__Instructions to follow__
Please find how many lines of the data contain the string "false", and respond with that number only.

Stored items

-- ===== src/Notifications/Weights.antt =====
-- The weight of messages, and what a delivery and a retry do to it.
use phantom_share.Prelude.{
  Bool-cases, inl, inr, ℕ, ◌+◌, ◌≡◌, refl, Bool, true, false, Option, none, some, List, [], ◌∷◌,
  ◌++◌, arith, ltb, String,
}
use phantom_share.Amqp.{Message}
use phantom_share.Notifications.Messages.{Alert, if_sent, max_retries}
use phantom_share.Notifications.Lanes.{Lane, consumed, consume_next, retry_message}

abbrev pub weigh {ℓ} : {A : Type ℓ} → (A → ℕ) → List A → ℕ
weigh f [] = 0
weigh f (x ∷ xs) = f x + weigh f xs

pub weigh-append {ℓ} :
    {A : Type ℓ} (f : A → ℕ) (xs ys : List A) → weigh f (xs ++ ys) ≡ weigh f xs + weigh f ys
weigh-append f [] ys = omega arith
weigh-append f (x ∷ xs) ys = omega (arith, weigh-append f xs ys)

-- A message weighs what its body does.
abbrev pub weigh_bodies : (String → ℕ) → List Message → ℕ
weigh_bodies w ms = weigh (λ (m : Message). w m.body) ms

abbrev pub lane_weight : (String → ℕ) → Lane → ℕ
lane_weight w l = weigh_bodies w l.waiting + weigh_bodies w l.failed

pub weigh_last :
    (w : String → ℕ) (ms : List Message) (m : Message)
    → weigh_bodies w (ms ++ m ∷ []) ≡ weigh_bodies w ms + w m.body
weigh_last w ms m = omega (arith, weigh-append (λ (x : Message). w x.body) ms (m ∷ []))

-- What is sent weighs what its message did.
abbrev pub Fits {ℓ} : {A : Type ℓ} → (A → ℕ) → (String → ℕ) → (Message → Option A) → Type ℓ
Fits {A = A} f w g = (m : Message) (a : A) → g m ≡ some a → f a ≡ w m.body

weigh-consumed {ℓ} :
    {A : Type ℓ} (f : A → ℕ) (w : String → ℕ) (o : Option A) (m : Message)
    (ms failed : List Message)
    → ((a : A) → o ≡ some a → f a ≡ w m.body)
    → lane_weight w (consumed o m ms failed).0 + weigh f (consumed o m ms failed).1
      ≡ w m.body + weigh_bodies w ms + weigh_bodies w failed
weigh-consumed f w none m ms failed h = omega (arith, weigh_last w failed m)
weigh-consumed f w (some a) m ms failed h = omega (arith, h a refl)

pub weigh-consume_next {ℓ} :
    {A : Type ℓ} (f : A → ℕ) (w : String → ℕ) (g : Message → Option A)
    (waiting failed : List Message)
    → Fits f w g
    → lane_weight w (consume_next g waiting failed).0 + weigh f (consume_next g waiting failed).1
      ≡ weigh_bodies w waiting + weigh_bodies w failed
weigh-consume_next f w g [] failed h = omega arith
weigh-consume_next f w g (m ∷ ms) failed h =
    omega (arith, weigh-consumed f w (g m) m ms failed (h m))

pub Fits-if_sent {ℓ} :
    {A : Type ℓ} (f : A → ℕ) (w : String → ℕ) (g : Message → Option A) (sent : Bool)
    → Fits f w g
    → Fits f w (λ m. if_sent sent (g m))
Fits-if_sent f w g true h = h
Fits-if_sent f w g false h = λ m a e. cc

pub weigh-retry_message :
    (f : Alert → ℕ) (w : String → ℕ) (key : String) (accepted : Bool) (n : ℕ) (m : Message)
    (waiting ms : List Message)
    → f (record { body = m.body; routing_key = key; attempts = n }) ≡ w m.body
    → lane_weight w (retry_message key accepted n m waiting ms).lane
        + weigh f (retry_message key accepted n m waiting ms).alerts
      ≡ weigh_bodies w waiting + (w m.body + weigh_bodies w ms)
weigh-retry_message f w key true n m waiting ms h = elim (Bool-cases (ltb max_retries n)) [
  | inl late ↦ rw late (omega (arith, h))
  | inr early ↦ rw early (omega (arith, weigh_last w waiting (record m { attempt = some n })))
]
weigh-retry_message f w key false n m waiting ms h = elim (Bool-cases (ltb max_retries n)) [
  | inl late ↦ rw late (omega (arith, h))
  | inr early ↦ rw early (omega arith)
]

__Output for this task__
3